胆振管内(2)
南部藩モロラン陣屋(室蘭市)

【城 跡 名】南部藩モロラン陣屋跡(東蝦夷地南部藩陣屋跡モロラン陣屋跡)
【訪 城 日】1998年4月29日・1999年9月12日・2000年9月3日・2001年11月10日・2001年11月25日
      ・2005年8月15日・2006年8月9日・2012年4月29日
【所 在 地】北海道室蘭市陣屋町2-5(モロラン陣屋)、崎守町337,338(ポロシレト台場勤番所跡)
【創建年代】安政三年(1856)
【創 建 者】南部(美濃守)
【主な遺構】土塁、堀
【歴史・沿革】
 この陣屋も浜益白老と同じく、幕府に恵山岬から幌別間の沿岸警備を命じられた南部藩が建てたもので、函館に元陣屋が、長万部・砂原、そしてこの室蘭に出張陣屋が置かれました。
 南部藩は表目付上山半右衛門、勘定奉行新渡戸十次郎(稲造の父)を派遣し、持ち場を検分させ、この地に出張陣屋を置くこととしました。
 大砲方・鉄砲武者など約350名が駐屯していましたが、戊辰戦争の報が伝わると、新政府に渡すことを避けて陣屋を焼き払って引き揚げたそうです。
【訪 城 記】
 この陣屋跡は、横長の長方形の形に土塁が巡らされ、正面に正門、右側奥に裏門があります。一応、正門・裏門が新たに作られてはいますが、白老陣屋のものに比べると、柵のような、簀の子のような感じでとってもちゃちでした(^^;)
 広さも東西に120mほど、南北に60~80mほどで白老陣屋に比べるととても小さく感じました。(出張陣屋なので仕方ないのですが) 建物跡は平面復元されて史跡として一応整備されていますが、草が結構伸びていたりして、何だか忘れられた史跡という感じがしました(^^;)
 ちょっと場所がわかりにくくて、車でぐるっと回ってしまいました(^^;) すぐ近くに室蘭市民俗資料館というのがあるので、これを目印にすれば分かりやすいでしょう。この資料館の右側の道を上がり左に行くと陣屋跡のちょうど裏門の所に出ます。正門の前は室蘭本線の線路となっています。ですから、民俗資料館の駐車場に車を置き、あとは歩いていくといいと思います。
 民俗資料館にこの陣屋跡の資料が何か展示してあるのかなあと思いましたが、関係資料が数点展示してあるだけでちょっと拍子抜けでした(^^;) (1998/4/29)

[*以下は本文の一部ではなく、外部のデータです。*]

-- ===== src/Start/Prepared.antt =====
-- Setting the pointer of an option: what the step of `start` changes, and what it leaves for the patches.
use patchwork.Prelude.{true}
use patchwork.Prelude.{
  ℕ, zero, suc, ◌+◌, ◌≤◌, ◌<◌, ◌≡◌, ◌≢◌, refl, sym, ap, ◌∙◌, ◌⊎◌, some, String, List, [], ◌∷◌,
  length, arith,
}
use patchwork.Memory.{Memory, load_pointer}
use patchwork.Text.Strings.{IsString}
use patchwork.Text.Trim.{strip_rest}
use patchwork.Http.{Sha256}
use patchwork.Hooks.Patches.{Symbols}
use patchwork.Start.{Services, ScriptHooks, Locals}
use patchwork.Update.{fits_log}
use patchwork.Start.Steps.{string_message, set_string}
use patchwork.Start.Configured.{set_string-IsPointed}
use patchwork.Start.Layout.{Owned, Changes, Owned-Outside}
use patchwork.Start.Objects.{IsOption}

module _ (owner : ℕ → ℕ) (fuel : ℕ) where
  module _ {W : Type 0} (v : Services W) (sha : Sha256) (s : Symbols) (hooks : ScriptHooks)
      (locals : Locals) where
    pub record IsAssigned (word object global option : ℕ) (format : String) (cs : List ℕ)
        (m : Memory) (w : W) : Type 0 where
      pub memory : Memory
      pub world : W
      pub returns :
          set_string v sha s hooks locals fuel global option format (m, w) ≡ some (memory, world)
      pub changes : Changes owner (word ∷ object ∷ []) m memory
      pub pointer : load_pointer memory global ≡ option
      pub stripped : option ≢ 0 → IsString memory option (strip_rest cs)

    -- Owned by different objects, the pointer and the string do not overlap.
    owned_apart :
        (word object global option n : ℕ)
        → word ≢ object
        → Owned owner global 4 word
        → Owned owner option (n + 1) object
        → (global + 4 ≤ option) ⊎ (option + n < global)
    owned_apart word object global option n other pointer owned =
        let off = λ (i : ℕ) (below : i < 4).
          Owned-Outside owner option (n + 1) object (global + i) owned
            (λ e. other (sym (pointer i below) ∙ e)) in
        ground (
          arith,
          off 0 (omega arith),
          off 1 (omega arith),
          off 2 (omega arith),
          off 3 (omega arith),
          Owned-Outside owner global 4 word option pointer
              (λ e. other (sym e ∙ ap owner (omega arith) ∙ owned 0 (omega arith))),
        )

    IsAssigned-null :
        (word object global : ℕ) (format : String) (cs : List ℕ) (m : Memory) (w : W)
        → load_pointer m global ≡ 0
        → IsAssigned word object global 0 format cs m w
    unfolding set_string
    IsAssigned-null word object global format cs m w unset = record {
      memory = m;
      world = w;
      returns = refl;
      changes = λ a off. refl;
      pointer = unset;
      stripped = λ set. absurd (set refl);
    }

    IsAssigned-text :
        (word object global option : ℕ) (format : String) (cs : List ℕ) (m : Memory) (w : W)
        → option ≢ 0
        → word ≢ object
        → Owned owner global 4 word
        → IsOption owner fuel object option cs m
        → fits_log v.platform (string_message format (strip_rest cs)) ≡ true
        → IsAssigned word object global option format cs m w
    IsAssigned-text word object global option format cs m w set other pointer string fits =
        let done =
          set_string-IsPointed v sha s hooks locals fuel global option format m w cs set
            string.bound string.enough string.here
            (owned_apart word object global option (length cs) other pointer string.owned) fits in
        record {
          memory = done.memory;
          world = done.world;
          returns = done.returns;
          changes = λ a off.
              done.same a (Owned-Outside owner global 4 word a pointer (λ e. ground arith)) (
                Owned-Outside owner option (length cs + 1) object a string.owned
                  (λ e. ground arith));
          pointer = done.pointer;
          stripped = λ _. done.stripped;
        }

    -- A pointer that is `NULL` holds the option afterwards, and its string is stripped.
    pub set_string-IsAssigned :
        (word object global option : ℕ) (format : String) (cs : List ℕ) (m : Memory) (w : W)
        → word ≢ object
        → Owned owner global 4 word
        → load_pointer m global ≡ 0
        → (option ≢ 0 → IsOption owner fuel object option cs m)
        → (option ≢ 0 → fits_log v.platform (string_message format (strip_rest cs)) ≡ true)
        → IsAssigned word object global option format cs m w
    set_string-IsAssigned word object global zero format cs m w other pointer unset string fits =
        IsAssigned-null word object global format cs m w unset
    set_string-IsAssigned word object global (suc n) format cs m w other pointer unset string fits =
        let set : suc n ≢ 0 = λ e. absurd (omega arith) in
        IsAssigned-text word object global (suc n) format cs m w set other pointer (string set)
          (fits set)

 また先日、1年半ぶりにモロラン陣屋へ訪城しました。前回と同じく民俗資料館の駐車場に車を止め、裏にある陣屋の方へと向かいました。
 行ってみると、前回はあった表門と裏門の門柱等が無くなっていました。まあ門といっても柵のようなものでしたから、古くなって取っ払ったのでしょう。前回は内側から眺めてばかりいましたので、今回は周りの土塁の方に注目してみました。すると内陣(内郭)の裏側の土塁の外側にV字型の空壕がありました。これは前回見落としていました(^^;) 深さ3m、幅は4~5mはあるでしょうか? なかなか立派な壕でした。これが、土塁に沿ってずっと伸びています。裏側の壕は途中で鍵折れ部分があります。(写真7参照)
 表門横の土塁の外側にも壕があり、表門の左側の方の壕には水が溜まっていました。右側の方は草が生えて空堀のようになっていましたが、この表門の左右の壕は本来は水堀だったのかもしれません。表門の左右の土塁も前回は内側から見たせいかそんなに高さを感じなかったのですが、正面からあらためて見てみると高さも2~3mあり、それなりに堅固さを感じさせるものでした。
 それから、先ほどの裏側の土塁・空壕の北側に当たる外陣(外郭)の方にも行ってみましたが、火薬庫跡の石柱がありました。またそのすぐ近くには慶応などといった年号の入った墓が数基ありましたので、この陣屋で亡くなった南部藩士たちのものではないかと思います。
 実は、前回訪れたときにはそんな大した陣屋ではないなと思ってしまいましたが、今回あらためて空堀・土塁の大きさを再認識しました。拾い物をしたような気分でした(^^) (1999/9/12)


 約一年ぶりの訪城です。今回はNifty・FSIROの冷や奴さん、お城巡りMLのまささん・火影さんと一緒です。やはりこのモロラン陣屋の規模には脱帽です。特にやはりあの裏側の空堀が良いです。この日の新発見は、陣屋の東側にたぶん外郭の一部なんでしょうけど空堀と土塁らしきものがあったことです。かなり規模が大きかったことがわかります。(2000/9/3)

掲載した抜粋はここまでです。